We’re big fans of functional languages but we can appreciate a very well designed imperative language when we see one. Golang (Go) is a great example. It’s statically typed. The huge benefit? The compiler and static analysis tools can do a lot of checking that your test suite or users would otherwise end up doing.

Go’s design philosophy is instructive and opinionated, making plenty of useful decisions for you so your engineers don’t fall into a choice paradox. For example, Gofmt defines how your code will be formatted so you don’t have to. And unit test tooling is built-in, making tests look familiar in every project.

Sometimes it feels like hard work to code in Go, especially if you’re used to dynamically typed languages like Ruby or Python, but that extra work is coding type information the compiler needs, or explicitly handling errors. These are both examples of Go’s design being more sympathetic to the machine and the realities your program will face at runtime.
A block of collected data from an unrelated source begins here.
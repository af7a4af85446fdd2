-- ===== src/Vcdiff/Target/Run.antt =====
-- A RUN repeats one byte: `emit_run` appends it as often as asked.
use rust_crates.Prelude.{
  ℕ, zero, suc, ◌+◌, ◌-◌, ◌≤◌, ◌≡◌, refl, ap, ◌∙◌, subst, List, ◌∷◌, ◌++◌, arith, true, append-nil,
  append_assoc, min,
}
use rust_crates.Prelude.{
  IsU64, IsByte, All, length, take, replicate, length-append, length-replicate, ltb, lt→ltb,
}
use rust_crates.Vcdiff.Error.{ok, DecodeContext}
use rust_crates.Vcdiff.Stream.{Stream, WritesBytes}
use rust_crates.Vcdiff.Target.{
  TargetWriter, io_buffer_size, emit_scratch, emit_run_loop, emit_run, filled_scratch,
}
use rust_crates.Vcdiff.Target.Emit.{Holds, emit_lem}

take-replicate : (k n b : ℕ) → k ≤ n → take k (replicate n b) ≡ replicate k b
take-replicate zero n b h = refl
take-replicate (suc k) zero b h = absurd (omega arith)
take-replicate (suc k) (suc n) b h = ap (λ (l : List ℕ). b ∷ l) (take-replicate k n b (omega arith))

replicate-add : (m n b : ℕ) → replicate m b ++ replicate n b ≡ replicate (m + n) b
replicate-add zero n b = let e : n ≡ 0 + n = omega arith in ap (λ (k : ℕ). replicate k b) e
replicate-add (suc m) n b =
    let e : suc (m + n) ≡ suc m + n = omega arith in
    ap (λ (l : List ℕ). b ∷ l) (replicate-add m n b) ∙ ap (λ (k : ℕ). replicate k b) e

All-replicate : (n b : ℕ) → IsByte b → All IsByte (replicate n b)
All-replicate zero b h = tt
All-replicate (suc n) b h = (h, All-replicate n b h)

module _ {T : Stream} (law : WritesBytes T) where
  -- What a command of the target leaves.
  pub record Extended (out win : List ℕ) (w w' : TargetWriter T) : Type 0 where
    pub holds : Holds law out win w'
    pub window_kept : w'.window ≡ w.window

  pub Extended-trans :
      {out win out' win' : List ℕ} {w m w' : TargetWriter T}
      → Extended out win w m
      → Extended out' win' m w'
      → Extended out' win' w w'
  Extended-trans p q = record { holds = q.holds; window_kept = q.window_kept ∙ p.window_kept }

  -- Appending two pieces is appending both.
  pub Extended-joined :
      (front back whole out win : List ℕ) {w w' : TargetWriter T}
      → front ++ back ≡ whole
      → Extended ((out ++ front) ++ back) ((win ++ front) ++ back) w w'
      → Extended (out ++ whole) (win ++ whole) w w'
  Extended-joined front back whole out win {w} {w'} e x =
      let joined : (base : List ℕ) → (base ++ front) ++ back ≡ base ++ whole =
        λ base. append_assoc base front back ∙ ap (λ (l : List ℕ). base ++ l) e in
      subst (λ o. Extended o (win ++ whole) w w') (joined out)
        (subst (λ v. Extended ((out ++ front) ++ back) v w w') (joined win) x)

  emit_run_loop_lem :
      (rounds fuel size b : ℕ) (out win : List ℕ) (context : DecodeContext) (w : TargetWriter T)
      → size ≤ rounds
      → io_buffer_size ≤ fuel
      → Holds law out win w
      → IsByte b
      → IsU64 (length out + size)
      → w.scratch ≡ filled_scratch b
      → (w' : TargetWriter T) × (emit_run_loop rounds fuel size context w ≡ ok w')
        × Extended (out ++ replicate size b) (win ++ replicate size b) w w'
  unfolding emit_run_loop emit_scratch filled_scratch
  emit_run_loop_lem rounds fuel zero b out win context w r f h byte s c =
      (w, refl, rw (append-nil out, append-nil win) (record { holds = h; window_kept = refl }))
  emit_run_loop_lem zero fuel (suc size) b out win context w r f h byte s c = absurd (omega arith)
  emit_run_loop_lem (suc rounds) fuel (suc size) b out win context w r f h byte s c =
      let count : ℕ = min (suc size) io_buffer_size in
      let chunk : List ℕ = replicate count b in
      let fits : ltb count 0x1_0000_0000_0000_0000 ≡ true = lt→ltb _ _ (omega arith) in
      let same : take count w.scratch ≡ chunk =
        ap (take count) c ∙ take-replicate count io_buffer_size b (omega arith) in
      let sum : count + (suc size - count) ≡ suc size = omega arith in
      let (m, e, p) =
        emit_lem law fuel chunk out win context w f h (All-replicate count b byte)
          (omega (arith, length-replicate count b)) in
      let (w', e', q) =
        emit_run_loop_lem rounds fuel (suc size - count) b (out ++ chunk) (win ++ chunk) context m
          (omega arith) f p.holds byte
          (omega (arith, length-append out chunk, length-replicate count b)) (p.scratch_kept ∙ c) in
      (
        w',
        rw (fits, same, e, e'),
        Extended-joined chunk (replicate (suc size - count) b) (replicate (suc size) b) out win
            (replicate-add count (suc size - count) b ∙ ap (λ (k : ℕ). replicate k b) sum)
            (Extended-trans (record { holds = p.holds; window_kept = p.window_kept }) q),
      )

  -- `emit_run` always succeeds while the output stays below 2^64 bytes, and appends the byte `size`
  -- times to the output and to what the window's checksum covers.
  -- The streams keep the promises of the traits, and the fuel is no less than the I/O buffer.
  pub emit_run_lem :
      (fuel b size : ℕ) (out win : List ℕ) (context : DecodeContext) (w : TargetWriter T)
      → io_buffer_size ≤ fuel
      → Holds law out win w
      → IsByte b
      → IsU64 (length out + size)
      → (w' : TargetWriter T) × (emit_run fuel b size context w ≡ ok w')
        × Extended (out ++ replicate size b) (win ++ replicate size b) w w'
  unfolding emit_run
  emit_run_lem fuel b size out win context w f h byte s =
      let w0 : TargetWriter T = record w { context = context; scratch = filled_scratch b } in
      let h0 : Holds law out win w0 = record {
        writing = record {
          sized = h.writing.sized;
          len_known = h.writing.len_known;
          content = h.writing.content;
          at_end = h.writing.at_end;
          stands = h.writing.stands;
          pending_small = h.writing.pending_small;
        };
        summed = h.summed;
        bytes_small = h.bytes_small;
      } in
      let (w', e, x) =
        emit_run_loop_lem size fuel size b out win context w0 (omega arith) f h0 byte s refl in
      (w', e, record { holds = x.holds; window_kept = x.window_kept })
It has concurrency features built in as language primitives and a preference to pass by value, both of which make it easier to design robust concurrent systems.

Using Go feels slightly laborious and intellectually frustrating if you love FP but, in return, you end up having to make fewer decisions and getting more robust services. The result? A boost to your productivity. It’s great for infrastructural services, APIs, and command line tools. Though when it comes to data transformation, prototyping, or view-rendering, Go is good, but by no means excellent.